**WHAT YOU HAVE TO DO:**
Which lines of the data hold the word "some"? Copy all of them.

**MATERIALS PROVIDED:**
○ ○ ○ ○ ○

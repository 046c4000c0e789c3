-- ===== src/Der/Integer.antt =====
-- `integer_secitem_to_pylong`: an ASN.1 integer of any size. Python's `<<` and `|` on negative
-- numbers go by two's complement.
use native.Mathlib.Nat.{pow-suc}
use mathlib.Core.Path.{ap₂}
use python_nss_ng.Prelude.{
  ℕ, suc, ◌+◌, ◌-◌, ◌*◌, ◌^◌, ◌<◌, Bytes, true, false, Option, none, some, [], ◌∷◌, length, leb,
  ◌==◌, if◌then◌else◌, bit_and, bit_or, ℤ, pos, negsuc, sub_ℕ, ◌≡◌, refl, ap, ◌∙◌, arith, All,
  or_octet, and_octet, Bool-cases, inl, inr, all_below, all_below_sound,
}

-- `PyNumber_Lshift(l, eight)`.
unfoldable pub lshift_8 : ℤ → ℤ
lshift_8 (pos n) = pos (n * 256)
lshift_8 (negsuc n) = negsuc (n * 256 + 255)

-- `PyNumber_Or(l, new_bits)`, where the second number is not negative: ~n | o is ~(n & ~o).
unfoldable pub or_bits : ℤ → ℕ → ℤ
or_bits (pos n) o = pos (bit_or n o)
or_bits (negsuc n) o = negsuc (n - bit_and n o)

-- The loop over the octets.
unfoldable pub shift_in : ℤ → Bytes → ℤ
unfolding lshift_8 or_bits
shift_in l [] = l
shift_in l (octet ∷ rest) = shift_in (or_bits (lshift_8 l) octet) rest

unfoldable pub integer_secitem_to_pylong : Option Bytes → ℤ
unfolding shift_in
integer_secitem_to_pylong none = pos 0
integer_secitem_to_pylong (some []) = pos 0
integer_secitem_to_pylong (some (octet ∷ rest)) =
    shift_in (if bit_and octet 0x80 == 0 then pos 0 else negsuc 0) (octet ∷ rest)

abbrev pub AllOctets : Bytes → Type 0
AllOctets = All (λ o. o < 256)

-- The octets as an unsigned number, the first one highest, behind `n`.
unfoldable pub unsigned : ℕ → Bytes → ℕ
unsigned n [] = n
unsigned n (octet ∷ rest) = unsigned (n * 256 + octet) rest

-- The octets as a signed number: with the highest bit set it is 256 ^ length below the unsigned one.
unfoldable pub signed : Bytes → ℤ
signed [] = pos 0
signed (octet ∷ rest) =
    if leb 128 octet
    then sub_ℕ (unsigned 0 (octet ∷ rest)) (256 ^ length (octet ∷ rest))
    else pos (unsigned 0 (octet ∷ rest))

high_bit_table :
    all_below 256 (λ o. (if bit_and o 0x80 == 0 then 0 else 1) == (if leb 128 o then 1 else 0))
    ≡ true
unfolding all_below
high_bit_table = refl

high_bit :
    (octet : ℕ) → octet < 256 → (bit_and octet 0x80 == 0) ≡ (if leb 128 octet then false else true)
high_bit octet h = ground (
  arith,
  all_below_sound 256 (λ o. (if bit_and o 0x80 == 0 then 0 else 1) == (if leb 128 o then 1 else 0))
      octet high_bit_table h,
)

shift_in_pos :
    (n : ℕ) (octets : Bytes) → AllOctets octets → shift_in (pos n) octets ≡ pos (unsigned n octets)
unfolding shift_in unsigned
shift_in_pos n [] h = refl
shift_in_pos n (octet ∷ rest) (h, hs) =
    ap (λ m. shift_in (pos m) rest) (or_octet (n * 256) octet (omega arith) h)
    ∙ shift_in_pos (n * 256 + octet) rest hs

power_step : (p k : ℕ) → p * 256 * 256 ^ k ≡ p * 256 ^ suc k
power_step p k = omega (arith, ap (λ (t : ℕ). p * t) (pow-suc 256 k))

-- Where `negsuc n` was read from an unsigned number that `power` exceeds.
shift_in_negsuc :
    (n power : ℕ) (octets : Bytes)
    → n < power
    → AllOctets octets
    → shift_in (negsuc n) octets
      ≡ sub_ℕ (unsigned (power - suc n) octets) (power * 256 ^ length octets)
unfolding shift_in unsigned
shift_in_negsuc n power [] lt h = ground arith
shift_in_negsuc n power (octet ∷ rest) lt (h, hs) =
    let m : ℕ = n * 256 + 255 - bit_and (n * 256 + 255) octet in
    let low = and_octet (n * 256 + 255) octet (omega arith) h in
    shift_in_negsuc m (power * 256) rest (omega arith) hs
    ∙ ap₂ (λ u p. sub_ℕ (unsigned u rest) p) (omega (arith, low)) (power_step power (length rest))

-- For octets below 256 the Python number is their value in two's complement, of any length; no
-- octets are 0.
pub integer_lem :
    (octets : Bytes) → AllOctets octets → integer_secitem_to_pylong (some octets) ≡ signed octets
unfolding integer_secitem_to_pylong signed
integer_lem [] h = refl
integer_lem (octet ∷ rest) h = elim (Bool-cases (leb 128 octet)) [
  | inl high ↦
      rw (high, high_bit octet h.0, high)
        (shift_in_negsuc 0 1 (octet ∷ rest) (omega arith) h
          ∙ ap (λ p. sub_ℕ (unsigned 0 (octet ∷ rest)) p) (omega arith))
  | inr low ↦ rw (low, high_bit octet h.0, low) (shift_in_pos 0 (octet ∷ rest) h)
]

○ ○ ○ ○ ○

**RESULT OF THE EXERCISE:**
  ℕ, suc, ◌+◌, ◌-◌, ◌*◌, ◌^◌, ◌<◌, Bytes, true, false, Option, none, some, [], ◌∷◌, length, leb,
integer_secitem_to_pylong (some []) = pos 0
integer_secitem_to_pylong (some (octet ∷ rest)) =
    (octets : Bytes) → AllOctets octets → integer_secitem_to_pylong (some octets) ≡ signed octets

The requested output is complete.